══ AVAILABLE RECORDS
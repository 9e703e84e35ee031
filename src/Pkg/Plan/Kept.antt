-- ===== src/Pkg/Plan/Kept.antt =====
-- What expand (src/pkg_plan.c) keeps of the nodes of a plan.
use mathlib.Core.Option.{some-injective, none-ne-some}
use guppy.Prelude.{
  ℕ, zero, suc, ◌+◌, ◌≤◌, ◌<◌, ◌≡◌, inl, inr, refl, sym, ap, ◌∙◌, Bool, true, false, Option, none,
  some, arith, List, [], ◌∷◌, ◌++◌, length, length-append, Bool-cases, ltb, leb, ltb→lt,
}
use guppy.Ascii.{Bytes, same, same_refl}
use guppy.Pkg.Repo.{PkgRepoEntry}
use guppy.Pkg.Plan.{
  Node, Plan, node_at, update, new_node, node_for, add_edge, max_nodes, position, set_installed,
  set_visiting, set_done,
}

-- The same package, no less done.
pub record SameNode (n m : Node) : Type 0 where
  pub same_entry : m.e ≡ n.e
  pub same_visiting : m.visiting ≡ n.visiting
  pub still_done : n.done ≡ true → m.done ≡ true

abbrev pub NoneVisiting : List Node → Type 0
NoneVisiting [] = Unit {0}
NoneVisiting (m ∷ ms) = (m.visiting ≡ false) × NoneVisiting ms

-- The nodes are kept, in their places; no new one is being visited.
abbrev pub Kept : List Node → List Node → Type 0
Kept [] ms = NoneVisiting ms
Kept (n ∷ ns) [] = ⊥
Kept (n ∷ ns) (m ∷ ms) = SameNode n m × Kept ns ms

SameNode-refl : (n : Node) → SameNode n n
SameNode-refl n = record { same_entry = refl; same_visiting = refl; still_done = λ h. h }

SameNode-trans : (n m k : Node) → SameNode n m → SameNode m k → SameNode n k
SameNode-trans n m k a b = record {
  same_entry = b.same_entry ∙ a.same_entry;
  same_visiting = b.same_visiting ∙ a.same_visiting;
  still_done = λ h. b.still_done (a.still_done h);
}

pub Kept-refl : (ns : List Node) → Kept ns ns
Kept-refl [] = tt
Kept-refl (n ∷ ns) = (SameNode-refl n, Kept-refl ns)

NoneVisiting-Kept : (ns ms : List Node) → NoneVisiting ns → Kept ns ms → NoneVisiting ms
NoneVisiting-Kept [] ms v k = k
NoneVisiting-Kept (n ∷ ns) [] v k = absurd k
NoneVisiting-Kept (n ∷ ns) (m ∷ ms) v k = (k.0.same_visiting ∙ v.0, NoneVisiting-Kept ns ms v.1 k.1)

pub Kept-trans : (ns ms ks : List Node) → Kept ns ms → Kept ms ks → Kept ns ks
Kept-trans [] ms ks a b = NoneVisiting-Kept ms ks a b
Kept-trans (n ∷ ns) [] ks a b = absurd a
Kept-trans (n ∷ ns) (m ∷ ms) [] a b = absurd b
Kept-trans (n ∷ ns) (m ∷ ms) (k ∷ ks) a b =
    (SameNode-trans n m k a.0 b.0, Kept-trans ns ms ks a.1 b.1)

pub Kept-append : (ns : List Node) (e : PkgRepoEntry) → Kept ns (ns ++ new_node e ∷ [])
Kept-append [] e = (refl, tt)
Kept-append (n ∷ ns) e = (SameNode-refl n, Kept-append ns e)

pub Kept-update :
    (i : ℕ) (f : Node → Node) (ns : List Node)
    → ((n : Node) → SameNode n (f n))
    → Kept ns (update i f ns)
Kept-update i f [] h = tt
Kept-update zero f (n ∷ ns) h = (h n, Kept-refl ns)
Kept-update (suc i) f (n ∷ ns) h = (SameNode-refl n, Kept-update i f ns h)

pub set_installed-SameNode : (b : Bool) (n : Node) → SameNode n (set_installed b n)
set_installed-SameNode b n = record { same_entry = refl; same_visiting = refl; still_done = λ h. h }

pub set_done-SameNode : (n : Node) → SameNode n (set_done n)
set_done-SameNode n = record { same_entry = refl; same_visiting = refl; still_done = λ h. refl }

-- A visit that begins and ends.
pub Kept-visit :
    (i : ℕ) (n : Node) (ns ms : List Node)
    → node_at i ns ≡ some n
    → n.visiting ≡ false
    → Kept (update i (set_visiting true) ns) ms
    → Kept ns (update i (set_visiting false) ms)
Kept-visit i n [] ms e v k = absurd (none-ne-some n e)
Kept-visit zero n (x ∷ ns) [] e v k = absurd k
Kept-visit zero n (x ∷ ns) (m ∷ ms) e v k = (
  record {
    same_entry = k.0.same_entry;
    same_visiting = sym (ap (λ (m : Node). m.visiting) (some-injective x n e) ∙ v);
    still_done = k.0.still_done;
  },
  k.1,
)
Kept-visit (suc i) n (x ∷ ns) [] e v k = absurd k
Kept-visit (suc i) n (x ∷ ns) (m ∷ ms) e v k = (k.0, Kept-visit i n ns ms e v k.1)

-- What a call makes of a plan.
pub record Grows (p q : Plan) : Type 0 where
  pub kept : Kept p.n q.n
  pub bounded : length p.n ≤ max_nodes → length q.n ≤ max_nodes

pub Grows-refl : (p : Plan) → Grows p p
Grows-refl p = record { kept = Kept-refl p.n; bounded = λ h. h }

pub Grows-trans : (p q r : Plan) → Grows p q → Grows q r → Grows p r
Grows-trans p q r a b = record {
  kept = Kept-trans p.n q.n r.n a.kept b.kept;
  bounded = λ h. b.bounded (a.bounded h);
}

pub length-update : (i : ℕ) (f : Node → Node) (ns : List Node) → length (update i f ns) ≡ length ns
length-update i f [] = refl
length-update zero f (n ∷ ns) = refl
length-update (suc i) f (n ∷ ns) = ap suc (length-update i f ns)

pub n-add_edge : (p : Plan) (a b : ℕ) → (add_edge p a b).n ≡ p.n
unfolding add_edge
n-add_edge p a b = elim (Bool-cases (ltb (length p.edges) 4096)) [
  | inl e ↦ rw e refl
  | inr e ↦ rw e refl
]

-- The node of an entry, in a plan that has grown.
pub record FoundIn (p : Plan) (d : PkgRepoEntry) (q : Plan) (di : ℕ) : Type 0 where
  pub grows : Grows p q
  pub place : position d.package_name q.n ≡ di
  pub inside : di < length q.n

abbrev pub Found : Plan → PkgRepoEntry → Option (Plan × ℕ) → Type 0
Found p d none = Unit {0}
Found p d (some (q, di)) = FoundIn p d q di

position-append :
    (ns : List Node) (d : PkgRepoEntry)
    → length ns ≤ position d.package_name ns
    → position d.package_name (ns ++ new_node d ∷ []) ≡ length ns
unfolding position
position-append [] d h = let e = same_refl d.package_name in rw e refl
position-append (n ∷ ns) d h = elim (Bool-cases (same n.e.package_name d.package_name)) [
  | inl e ↦ absurd (omega (arith, rw e at h))
  | inr e ↦
      let h' : suc (length ns) ≤ suc (position d.package_name ns) = rw e at h in
      rw e (ap suc (position-append ns d (omega (arith, h'))))
]

pub position-upto : (ns : List Node) (name : Bytes) → position name ns ≤ length ns
unfolding position
position-upto [] name = omega arith
position-upto (n ∷ ns) name = elim (Bool-cases (same n.e.package_name name)) [
  | inl e ↦ rw e (omega arith)
  | inr e ↦ let h = position-upto ns name in rw e (omega (arith, h))
]

-- A node is found or appended.
pub node_for-Found : (p : Plan) (d : PkgRepoEntry) → Found p d (node_for p d)
unfolding node_for
node_for-Found p d = elim (Bool-cases (ltb (position d.package_name p.n) (length p.n))) [
  | inl a ↦ rw a (record { grows = Grows-refl p; place = refl; inside = ltb→lt _ _ a })
  | inr a ↦ elim (Bool-cases (leb 512 (length p.n))) [
    | inl b ↦ rw (a, b) tt
    | inr b ↦ rw (a, b) (appended p d _ refl a b)
  ]
]
  where
    below : (m : ℕ) → leb 512 m ≡ false → m < 512
    below m h = ground arith

    appended :
        (p : Plan) (d : PkgRepoEntry) (i : ℕ)
        → position d.package_name p.n ≡ i
        → ltb i (length p.n) ≡ false
        → leb 512 (length p.n) ≡ false
        → FoundIn p d (record p { n = p.n ++ new_node d ∷ [] }) i
    appended p d i ei a b =
        let z : length (p.n ++ new_node d ∷ []) ≡ length p.n + 1 =
          length-append p.n (new_node d ∷ []) in
        let u = position-upto p.n d.package_name in
        let l : i ≡ length p.n = ground (arith, ei, u, a) in
        record {
          grows = record {
            kept = Kept-append p.n d;
            bounded = λ h. omega (arith, z, below (length p.n) b);
          };
          place = position-append p.n d (omega (arith, ei, l)) ∙ sym l;
          inside = omega (arith, z, l);
        }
════
TASK TO COMPLETE » Everything above from the line with "-- The node of" to the line with "ns ≤ position d.package_name ns", both included, must be repeated exactly, and nothing outside that range.

ANSWER SPACE »
-- The node of an entry, in a plan that has grown.
pub record FoundIn (p : Plan) (d : PkgRepoEntry) (q : Plan) (di : ℕ) : Type 0 where
  pub grows : Grows p q
  pub place : position d.package_name q.n ≡ di
  pub inside : di < length q.n

abbrev pub Found : Plan → PkgRepoEntry → Option (Plan × ℕ) → Type 0
Found p d none = Unit {0}
Found p d (some (q, di)) = FoundIn p d q di

position-append :
    (ns : List Node) (d : PkgRepoEntry)
    → length ns ≤ position d.package_name ns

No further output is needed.